Source records
▼

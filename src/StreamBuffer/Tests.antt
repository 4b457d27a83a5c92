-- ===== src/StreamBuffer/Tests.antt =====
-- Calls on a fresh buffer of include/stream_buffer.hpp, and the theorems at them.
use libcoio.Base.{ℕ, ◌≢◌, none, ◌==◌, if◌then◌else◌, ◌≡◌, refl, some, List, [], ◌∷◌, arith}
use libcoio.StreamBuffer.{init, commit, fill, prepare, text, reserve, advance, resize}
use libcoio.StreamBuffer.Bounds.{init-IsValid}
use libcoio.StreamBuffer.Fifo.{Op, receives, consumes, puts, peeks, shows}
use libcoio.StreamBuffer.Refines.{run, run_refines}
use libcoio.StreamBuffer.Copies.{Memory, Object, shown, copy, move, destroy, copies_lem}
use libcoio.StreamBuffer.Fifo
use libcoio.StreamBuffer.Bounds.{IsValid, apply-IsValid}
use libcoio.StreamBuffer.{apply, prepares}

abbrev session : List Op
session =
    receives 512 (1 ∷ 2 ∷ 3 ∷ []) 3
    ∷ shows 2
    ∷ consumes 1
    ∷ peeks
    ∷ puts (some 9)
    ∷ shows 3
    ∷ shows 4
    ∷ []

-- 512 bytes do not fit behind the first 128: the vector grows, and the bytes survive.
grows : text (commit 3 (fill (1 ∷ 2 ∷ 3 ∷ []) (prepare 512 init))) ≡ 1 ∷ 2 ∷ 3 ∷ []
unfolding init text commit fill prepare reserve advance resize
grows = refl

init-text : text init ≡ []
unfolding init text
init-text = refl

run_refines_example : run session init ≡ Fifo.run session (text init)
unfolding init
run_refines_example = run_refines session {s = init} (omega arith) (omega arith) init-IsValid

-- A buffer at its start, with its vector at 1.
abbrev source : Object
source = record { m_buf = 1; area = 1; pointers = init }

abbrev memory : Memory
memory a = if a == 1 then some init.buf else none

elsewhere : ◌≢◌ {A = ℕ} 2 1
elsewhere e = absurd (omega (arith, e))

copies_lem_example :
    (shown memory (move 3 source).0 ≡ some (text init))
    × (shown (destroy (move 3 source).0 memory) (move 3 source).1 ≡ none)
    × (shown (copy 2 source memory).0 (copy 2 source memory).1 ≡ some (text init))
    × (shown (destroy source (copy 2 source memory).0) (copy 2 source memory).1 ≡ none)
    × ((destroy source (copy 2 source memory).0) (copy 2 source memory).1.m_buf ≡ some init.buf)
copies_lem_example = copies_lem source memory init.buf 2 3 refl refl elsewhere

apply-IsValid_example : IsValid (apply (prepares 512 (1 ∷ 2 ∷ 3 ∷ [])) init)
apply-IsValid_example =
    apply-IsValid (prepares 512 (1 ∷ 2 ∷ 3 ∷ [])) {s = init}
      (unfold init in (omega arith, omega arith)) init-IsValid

▲
▼

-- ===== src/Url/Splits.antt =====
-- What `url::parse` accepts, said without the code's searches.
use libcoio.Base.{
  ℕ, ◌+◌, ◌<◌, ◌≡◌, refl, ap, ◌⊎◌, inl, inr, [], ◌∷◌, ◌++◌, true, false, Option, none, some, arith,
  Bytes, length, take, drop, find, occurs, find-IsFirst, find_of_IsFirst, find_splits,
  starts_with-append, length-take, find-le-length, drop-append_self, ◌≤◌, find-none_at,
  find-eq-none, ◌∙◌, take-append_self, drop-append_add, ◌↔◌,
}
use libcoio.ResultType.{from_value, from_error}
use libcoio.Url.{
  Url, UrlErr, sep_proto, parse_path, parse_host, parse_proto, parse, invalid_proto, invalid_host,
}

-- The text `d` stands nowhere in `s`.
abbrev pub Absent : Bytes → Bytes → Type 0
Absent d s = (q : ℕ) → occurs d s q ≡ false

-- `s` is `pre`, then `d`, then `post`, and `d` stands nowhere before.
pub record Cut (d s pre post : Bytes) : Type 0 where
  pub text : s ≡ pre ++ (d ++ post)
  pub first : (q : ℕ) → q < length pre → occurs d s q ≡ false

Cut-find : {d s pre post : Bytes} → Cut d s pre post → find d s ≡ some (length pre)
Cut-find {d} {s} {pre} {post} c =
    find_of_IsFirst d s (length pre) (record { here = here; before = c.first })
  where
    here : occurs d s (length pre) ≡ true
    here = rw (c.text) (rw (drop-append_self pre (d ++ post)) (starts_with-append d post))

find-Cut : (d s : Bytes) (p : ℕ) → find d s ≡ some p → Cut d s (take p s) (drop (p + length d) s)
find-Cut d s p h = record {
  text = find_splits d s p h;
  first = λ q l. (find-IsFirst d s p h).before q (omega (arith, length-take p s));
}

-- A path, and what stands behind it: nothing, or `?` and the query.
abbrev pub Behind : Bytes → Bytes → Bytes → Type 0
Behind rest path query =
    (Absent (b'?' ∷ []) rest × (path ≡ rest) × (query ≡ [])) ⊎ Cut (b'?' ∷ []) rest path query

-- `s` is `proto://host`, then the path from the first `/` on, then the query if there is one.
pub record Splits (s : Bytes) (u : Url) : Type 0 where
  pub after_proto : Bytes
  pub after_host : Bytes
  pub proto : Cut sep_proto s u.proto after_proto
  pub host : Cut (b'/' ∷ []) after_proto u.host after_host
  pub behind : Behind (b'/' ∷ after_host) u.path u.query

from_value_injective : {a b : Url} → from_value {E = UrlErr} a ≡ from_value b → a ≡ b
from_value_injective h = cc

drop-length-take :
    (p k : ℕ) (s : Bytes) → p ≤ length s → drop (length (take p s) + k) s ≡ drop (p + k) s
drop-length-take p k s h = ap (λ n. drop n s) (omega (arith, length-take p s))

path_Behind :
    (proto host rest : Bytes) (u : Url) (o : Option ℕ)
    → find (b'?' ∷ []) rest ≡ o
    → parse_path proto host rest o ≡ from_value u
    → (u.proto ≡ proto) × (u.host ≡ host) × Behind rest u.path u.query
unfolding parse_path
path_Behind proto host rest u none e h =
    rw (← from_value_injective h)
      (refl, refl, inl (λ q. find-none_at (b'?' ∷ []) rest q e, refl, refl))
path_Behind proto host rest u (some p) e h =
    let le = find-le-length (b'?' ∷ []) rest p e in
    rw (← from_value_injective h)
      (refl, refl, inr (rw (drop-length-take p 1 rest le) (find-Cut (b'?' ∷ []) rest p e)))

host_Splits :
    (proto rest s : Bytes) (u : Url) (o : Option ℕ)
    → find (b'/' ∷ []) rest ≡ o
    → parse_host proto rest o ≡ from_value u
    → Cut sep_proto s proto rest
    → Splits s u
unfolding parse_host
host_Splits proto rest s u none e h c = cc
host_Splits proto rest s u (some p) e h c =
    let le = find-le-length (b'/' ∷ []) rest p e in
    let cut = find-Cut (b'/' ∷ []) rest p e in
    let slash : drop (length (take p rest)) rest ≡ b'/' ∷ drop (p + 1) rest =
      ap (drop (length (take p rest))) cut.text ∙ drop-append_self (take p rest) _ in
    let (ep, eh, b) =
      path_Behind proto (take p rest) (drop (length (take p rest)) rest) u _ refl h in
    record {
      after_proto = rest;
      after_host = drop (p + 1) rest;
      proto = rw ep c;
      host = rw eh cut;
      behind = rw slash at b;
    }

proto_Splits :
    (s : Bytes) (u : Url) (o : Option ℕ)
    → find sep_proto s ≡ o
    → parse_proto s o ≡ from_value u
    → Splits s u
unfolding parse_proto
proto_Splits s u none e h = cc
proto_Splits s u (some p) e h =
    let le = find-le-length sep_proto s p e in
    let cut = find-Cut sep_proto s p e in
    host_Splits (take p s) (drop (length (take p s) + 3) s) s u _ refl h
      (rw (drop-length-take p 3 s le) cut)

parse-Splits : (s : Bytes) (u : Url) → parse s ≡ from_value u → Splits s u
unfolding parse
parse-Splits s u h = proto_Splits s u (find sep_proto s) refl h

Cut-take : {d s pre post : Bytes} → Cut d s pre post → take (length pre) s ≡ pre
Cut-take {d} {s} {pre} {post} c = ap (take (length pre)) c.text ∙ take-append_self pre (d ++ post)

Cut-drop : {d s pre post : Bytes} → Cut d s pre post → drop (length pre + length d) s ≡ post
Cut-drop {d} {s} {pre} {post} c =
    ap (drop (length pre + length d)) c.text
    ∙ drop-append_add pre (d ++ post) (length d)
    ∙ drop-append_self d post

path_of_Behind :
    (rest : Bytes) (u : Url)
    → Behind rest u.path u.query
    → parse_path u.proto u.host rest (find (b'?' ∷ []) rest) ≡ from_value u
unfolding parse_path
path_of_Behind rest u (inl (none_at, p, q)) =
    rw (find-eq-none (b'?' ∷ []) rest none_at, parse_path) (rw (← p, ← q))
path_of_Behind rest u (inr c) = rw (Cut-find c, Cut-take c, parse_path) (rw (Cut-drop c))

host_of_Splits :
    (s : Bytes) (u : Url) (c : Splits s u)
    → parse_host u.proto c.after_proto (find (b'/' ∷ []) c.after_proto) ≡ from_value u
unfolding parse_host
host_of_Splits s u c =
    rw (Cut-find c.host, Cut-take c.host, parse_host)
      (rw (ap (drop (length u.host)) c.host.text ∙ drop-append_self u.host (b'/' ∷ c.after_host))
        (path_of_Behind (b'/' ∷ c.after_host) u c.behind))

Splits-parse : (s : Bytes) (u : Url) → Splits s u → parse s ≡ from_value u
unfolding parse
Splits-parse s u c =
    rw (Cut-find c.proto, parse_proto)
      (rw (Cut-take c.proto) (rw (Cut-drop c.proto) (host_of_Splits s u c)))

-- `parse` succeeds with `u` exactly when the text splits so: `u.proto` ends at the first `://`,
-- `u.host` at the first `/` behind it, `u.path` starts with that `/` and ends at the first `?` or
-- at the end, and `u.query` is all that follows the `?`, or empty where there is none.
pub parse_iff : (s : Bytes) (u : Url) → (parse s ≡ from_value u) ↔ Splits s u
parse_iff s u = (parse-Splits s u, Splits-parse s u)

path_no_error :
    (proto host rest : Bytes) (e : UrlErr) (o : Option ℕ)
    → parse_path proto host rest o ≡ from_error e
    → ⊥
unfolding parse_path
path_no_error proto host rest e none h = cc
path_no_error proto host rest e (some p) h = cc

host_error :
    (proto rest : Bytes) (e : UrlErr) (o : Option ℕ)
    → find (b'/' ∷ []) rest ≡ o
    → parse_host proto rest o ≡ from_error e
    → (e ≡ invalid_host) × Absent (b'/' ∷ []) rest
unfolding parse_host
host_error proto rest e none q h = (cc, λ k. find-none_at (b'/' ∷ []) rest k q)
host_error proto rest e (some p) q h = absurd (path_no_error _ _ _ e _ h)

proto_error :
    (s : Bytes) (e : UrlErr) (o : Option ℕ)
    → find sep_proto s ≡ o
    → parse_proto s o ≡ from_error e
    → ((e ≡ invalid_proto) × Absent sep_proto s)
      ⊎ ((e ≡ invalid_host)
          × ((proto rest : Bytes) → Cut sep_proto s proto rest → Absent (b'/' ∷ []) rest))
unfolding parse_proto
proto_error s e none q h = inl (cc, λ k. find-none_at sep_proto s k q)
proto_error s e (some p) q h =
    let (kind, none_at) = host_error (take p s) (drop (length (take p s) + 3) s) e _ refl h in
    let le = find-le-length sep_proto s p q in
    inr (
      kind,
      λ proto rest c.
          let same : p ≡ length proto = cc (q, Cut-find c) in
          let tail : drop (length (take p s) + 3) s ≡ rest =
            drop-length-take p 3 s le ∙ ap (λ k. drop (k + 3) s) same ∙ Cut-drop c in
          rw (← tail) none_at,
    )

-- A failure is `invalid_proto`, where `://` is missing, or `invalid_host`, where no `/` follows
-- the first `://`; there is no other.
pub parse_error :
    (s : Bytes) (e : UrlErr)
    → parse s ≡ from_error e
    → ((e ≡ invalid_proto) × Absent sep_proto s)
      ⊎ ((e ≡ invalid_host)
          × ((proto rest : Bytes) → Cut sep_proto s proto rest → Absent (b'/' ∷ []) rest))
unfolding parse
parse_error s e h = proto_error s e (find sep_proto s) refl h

▲

WHAT IS NEEDED: Copy only this part of the entries above: the line with "memory).1 ≡ none)", the line with "(unfold init in", and the lines between, all exactly as written.

SOLUTION FOR THIS EXERCISE:
    × (shown (destroy source (copy 2 source memory).0) (copy 2 source memory).1 ≡ none)
    × ((destroy source (copy 2 source memory).0) (copy 2 source memory).1.m_buf ≡ some init.buf)
copies_lem_example = copies_lem source memory init.buf 2 3 refl refl elsewhere

apply-IsValid_example : IsValid (apply (prepares 512 (1 ∷ 2 ∷ 3 ∷ [])) init)
apply-IsValid_example =
    apply-IsValid (prepares 512 (1 ∷ 2 ∷ 3 ∷ [])) {s = init}
      (unfold init in (omega arith, omega arith)) init-IsValid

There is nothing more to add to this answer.